Zuoyebang and Gaotu both cut preschool tutoring services, Caixin reports, the result of the updated Minors Protection Law that bans teaching a primary school curriculum to preschoolers.
Several subsidiaries of industry giants New Oriental Education and Technology Group and TAL Education broaden their businesses to include student care services, art and sports.
July
The General Office of the Chinese Communist Party and the State Council ban tutoring firms from making a profit by teaching core subjects after school. Listed companies and overseas entities are also barred from investing, or acquiring stakes, in off-campus education firms that offer courses covering school curricula. Stock prices of the affected firms tumble.
Zhang Xinbang, co-founder and chairman of US-listed education services firm TAL Education, tells employees that lay-offs are “unavoidable”.
August
Following the State Council’s lead, the municipal government of Beijing bans all summer courses for compulsory school subjects in the after-school tutoring sector.
Local governments encourage residents to report any in-person tutorial services being offered for profit. Authorities in Nantong, Jiangsu province, offer whistle-blowers a reward of 200 yuan (US$31) for reporting offline tutorial classes.
Off-campus tutoring providers in Shaanxi province are directed to immediately stop offering K-12 training courses during the summer holiday. Shaanxi also sets up a hotline to report violations.
In Guangdong, the provincial government forbids off-campus tutoring providers from disclosing the personal information of students and parents, and prevents marketing of their services via phone calls and text messages.
Education authorities terminate 286 cooperative programmes between Chinese and foreign universities as part of a routine assessment. Affected institutions included City, University London, New York University and the University of Hong Kong.
September
Juren Education, one of China’s oldest tutoring companies, announces it will close for good, after 27 years of providing courses in mathematics, English and examination preparation. The company claims to have taught 5 million primary and middle school students since its establishment in 1994.

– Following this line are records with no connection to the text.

-- ===== src/Control/Tests.antt =====
-- engine/control: a job that starts, is cleaned, is cancelled, and is settled.
use forge_ai.Prelude.{
  ◌≢◌, arith, ◌≡◌, ◌⊎◌, refl, none, some, [], ◌∷◌, ok, err, lease_lost, not_found,
  resolution_conflict, constraint_violation, any, true, false,
}
use forge_ai.Contracts.Review
use forge_ai.Contracts.Review.{
  owner, approve, validate_approval, approval_schema, context_schema, subject_schema, refused,
  stale, out_of_scope, unbound, out_of_time,
}
use forge_ai.Jobs.{
  JobState, stage_complete, job_schema, transition_schema, conflicts, allowed, approved,
  context_matches, edge_allowed, deadline_passed, apply_transition, transition_job,
}
use forge_ai.Control.Tables.{World, JobRow, CleanupReason, to_failed, to_cancelled}
use forge_ai.Control.Tx.{return}
use forge_ai.Control.State.{
  change_state, change_at, parse_review, request_of, next_job, expiry_differs, reserve_review,
  update_job, write_row, insert_review, change_events, append_event, enqueue, new_step,
  logical_fields, audit,
}
use forge_ai.Control.Reservations.{release_reservation, unspent, liability_of}
use forge_ai.Control.Reservations.Released.{Released, release_reservation-Released}
use forge_ai.Control.State.Change.{Reduces, change_state-Reduces}
use forge_ai.Control.Cleanup.{
  request_cleanup, destroy_fixture_resources, is_frozen, put_cleanup, stop_previews, revoke_tickets,
  cancel_steps,
}
use forge_ai.Control.Cleanup.Effects.{
  Gone, Requested, destroy_fixture_resources-Gone, request_cleanup-Requested,
}
use forge_ai.Control.Worker.{leased, guarded}
use forge_ai.Control.Worker.Fencing.{Held, leased-Held, leased-request_cleanup}
use forge_ai.Control.Reconciler.{resolve_uncertain, resolve_found, settle_attempt}
use forge_ai.Control.Reconciler.Resolution.{
  Resolved, resolve_uncertain-Resolved, resolve_uncertain-again,
}
use forge_ai.Control.Service.{cancel_locked, close_job}
use forge_ai.Control.Service.Cancellation.{Cancelled, cancel_locked-Cancelled, leased-cancel_locked}
use forge_ai.Control.Reconciler.Rounds.{Work, terminal, finish_cleanup}
use forge_ai.Control.Reconciler.Rounds.Late.{finish_cleanup-late}
use forge_ai.Control.Service
use forge_ai.Control.Service.Approval.{
  ApproveInput, approve_job, decide, promote_source, record_approval, follow_decision,
}
use forge_ai.Control.Service.Approval.Decided.{Decided, approve_job-Decided}
use forge_ai.Control.Samples.{env, job, running_step, quota, reservation, tables, world_of, row_of}
use forge_ai.Fixtures.{plan_subject}

destroy_fixture_resources-Gone_example :
    (v : World) × (destroy_fixture_resources env 3 tables ≡ ok (tt, v)) × Gone 3 v
destroy_fixture_resources-Gone_example = destroy_fixture_resources-Gone env 3 tables

request_cleanup-Requested_example :
    ((any (is_frozen 3) tables.jobs ≡ true)
      × (request_cleanup env job CleanupReason.failure to_failed tables ≡ err constraint_violation))
    ⊎ ((any (is_frozen 3) tables.jobs ≡ false)
        × (v : World) × (request_cleanup env job CleanupReason.failure to_failed tables
            ≡ ok (record job { cleanup_target = some to_failed }, v))
        × Requested job to_failed v)
request_cleanup-Requested_example =
    request_cleanup-Requested env job CleanupReason.failure to_failed tables

release_reservation-Released_example :
    (v : World) × (release_reservation job tables ≡ ok (tt, v))
    × Released job reservation quota tables v
unfolding unspent liability_of
release_reservation-Released_example =
    release_reservation-Released job reservation quota tables refl refl refl

-- The job after its first stage is entered.
abbrev planning_job : JobRow
planning_job = record job {
  state = JobState.planning;
  state_version = 2;
  updated_at = 1000;
  active_started_at = some 1000;
  active_deadline_at = some 1201000;
  next_event_seq = 2;
}

change_state-Reduces_example : Reduces env job JobState.planning stage_complete planning_job
unfolding change_state change_at parse_review request_of next_job expiry_differs reserve_review
    update_job write_row insert_review change_events append_event enqueue new_step logical_fields
    transition_job job_schema transition_schema conflicts allowed edge_allowed deadline_passed
    apply_transition
change_state-Reduces_example =
    change_state-Reduces env job job planning_job JobState.planning stage_complete none none none
      tables _ refl refl refl

leased-Held_example :
    Held env 9 running_step (λ j. return j) job tables (record tables { reads = 2 })
unfolding leased guarded
leased-Held_example =
    leased-Held env 9 running_step (λ j. return j) job tables (record tables { reads = 2 }) refl

abbrev cleaning_job : JobRow
cleaning_job = record job { cleanup_target = some to_failed }

abbrev cleaning : World
cleaning = world_of (request_cleanup env job CleanupReason.failure to_failed tables)

leased-request_cleanup_example :
    (leased env 9 running_step (λ j. return j) cleaning ≡ err lease_lost)
    ⊎ (leased env 9 running_step (λ j. return j) cleaning ≡ err not_found)
unfolding request_cleanup put_cleanup stop_previews revoke_tickets cancel_steps
leased-request_cleanup_example =
    leased-request_cleanup env 9 running_step (λ j. return j) job cleaning_job CleanupReason.failure
      to_failed tables cleaning refl refl

abbrev cancelled_job : JobRow
cancelled_job = record job {
  state = JobState.cancelling;
  state_version = 2;
  updated_at = 1000;
  next_event_seq = 2;
  cancel_requested_at = some 1000;
  cleanup_target = some to_cancelled;
}

abbrev cancelling_tables : World
cancelling_tables = world_of (cancel_locked env job tables)

cancel_locked-Cancelled_example : Cancelled env job cancelled_job cancelling_tables
unfolding cancel_locked close_job put_cleanup stop_previews revoke_tickets cancel_steps change_state
    change_at parse_review request_of next_job expiry_differs reserve_review update_job write_row
    insert_review change_events append_event enqueue new_step logical_fields transition_job
    job_schema transition_schema conflicts allowed edge_allowed deadline_passed apply_transition
cancel_locked-Cancelled_example =
    cancel_locked-Cancelled env job job cancelled_job tables cancelling_tables refl refl refl refl

leased-cancel_locked_example :
    (leased env 9 running_step (λ j. return j) cancelling_tables ≡ err lease_lost)
    ⊎ (leased env 9 running_step (λ j. return j) cancelling_tables ≡ err not_found)
unfolding cancel_locked close_job put_cleanup stop_previews revoke_tickets cancel_steps change_state
    change_at parse_review request_of next_job expiry_differs reserve_review update_job write_row
    insert_review change_events append_event enqueue new_step logical_fields transition_job
    job_schema transition_schema conflicts allowed edge_allowed deadline_passed apply_transition
leased-cancel_locked_example =
    leased-cancel_locked env 9 running_step (λ j. return j) job job cancelled_job tables
      cancelling_tables refl refl refl refl refl

-- The tables with the job failed, and its attempt still uncertain.
abbrev failed_tables : World
failed_tables = record tables {
  jobs = record job { state = JobState.failed; finished_at = some 200 } ∷ [];
}

abbrev settled_tables : World
settled_tables = world_of (resolve_uncertain env 8 3 60 25 failed_tables)

resolve_uncertain-Resolved_example : Resolved 3 60 25 failed_tables settled_tables
unfolding resolve_uncertain resolve_found settle_attempt release_reservation unspent liability_of
    audit
resolve_uncertain-Resolved_example =
    resolve_uncertain-Resolved env 8 3 60 25 failed_tables settled_tables refl

resolve_uncertain-again_example :
    resolve_uncertain env 8 3 60 30 settled_tables ≡ err resolution_conflict
unfolding resolve_uncertain resolve_found settle_attempt release_reservation unspent liability_of
    audit
resolve_uncertain-again_example =
    resolve_uncertain-again env 8 3 60 25 30 failed_tables settled_tables refl refl

-- The job waits for the review of its plan.
abbrev plan_job : JobRow
plan_job = record job {
  state = JobState.awaiting_plan_approval;
  state_version = 3;
  updated_at = 500;
  review_expires_at = some 86400500;
  review_digest = some 41;
  review_json = some (plan_subject 86400500);
}

abbrev plan_tables : World
plan_tables = record tables { jobs = plan_job ∷ [] }

abbrev go_ahead : ApproveInput
go_ahead = record { kind = Review.plan; subject_digest = 41; state_version = 3; decision = approve }

approve_job-Decided_example :
    Decided env 3 5 owner go_ahead plan_tables
      (world_of (approve_job env 3 5 owner go_ahead none plan_tables))
unfolding approve_job decide promote_source record_approval follow_decision Service.project
    cancel_locked close_job audit change_state change_at parse_review request_of next_job
    expiry_differs reserve_review update_job write_row insert_review change_events append_event
    enqueue new_step logical_fields transition_job job_schema transition_schema conflicts allowed
    approved edge_allowed context_matches deadline_passed apply_transition validate_approval
    approval_schema context_schema subject_schema refused stale out_of_scope unbound out_of_time
approve_job-Decided_example =
    approve_job-Decided env 3 5 owner go_ahead none plan_tables
      (world_of (approve_job env 3 5 owner go_ahead none plan_tables))
      (row_of (approve_job env 3 5 owner go_ahead none plan_tables)) refl

abbrev earlier : Work
earlier = record { kind = terminal; generation = 400 }

newer : env.uuid 0 ≢ earlier.generation
newer e = ground (arith, e)

finish_cleanup-late_example :
    (finish_cleanup env 2 3 earlier cleaning ≡ ok (tt, cleaning))
    ⊎ (finish_cleanup env 2 3 earlier cleaning ≡ err not_found)
unfolding request_cleanup put_cleanup stop_previews revoke_tickets cancel_steps
finish_cleanup-late_example =
    finish_cleanup-late env 2 job cleaning_job CleanupReason.failure to_failed earlier tables
      cleaning newer refl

New York-listed Gaotu Group, formerly known as GSX Techedu, lays off one-third of its staff, estimated at more than 10,000 people.
ByteDance fires staff working for its new education business, and takes down at least two education apps.
Zuoyebang and Yuanfudao let go of tens of thousands of employees, according to the Chinese technology media LatePost.
At the end of the month, the education ministry reiterates its policy banning small-scale private tutoring under different names such as “one-on-one teaching, high-end domestic helper service, crowdfunding private tutoring, and live-in teaching.”
October
The education authority in Anhui punishes a middle schoolteacher for tutoring students in his villa during the summer holiday.
New legislation passed by the National People’s Congress Standing Committee requires parents and guardians to reduce the “twin pressures” of homework and private tutoring on children.
November
Beijing widens its July ban, with an order to prohibit all online and offline advertising by off-campus education programmes that target students in kindergarten, primary and middle schools.
New Oriental Education & Technology Group announces it will cease offering tutoring services at all its learning centres in China by the end of the year, shifting its focus instead towards educational products and services not related to K-9.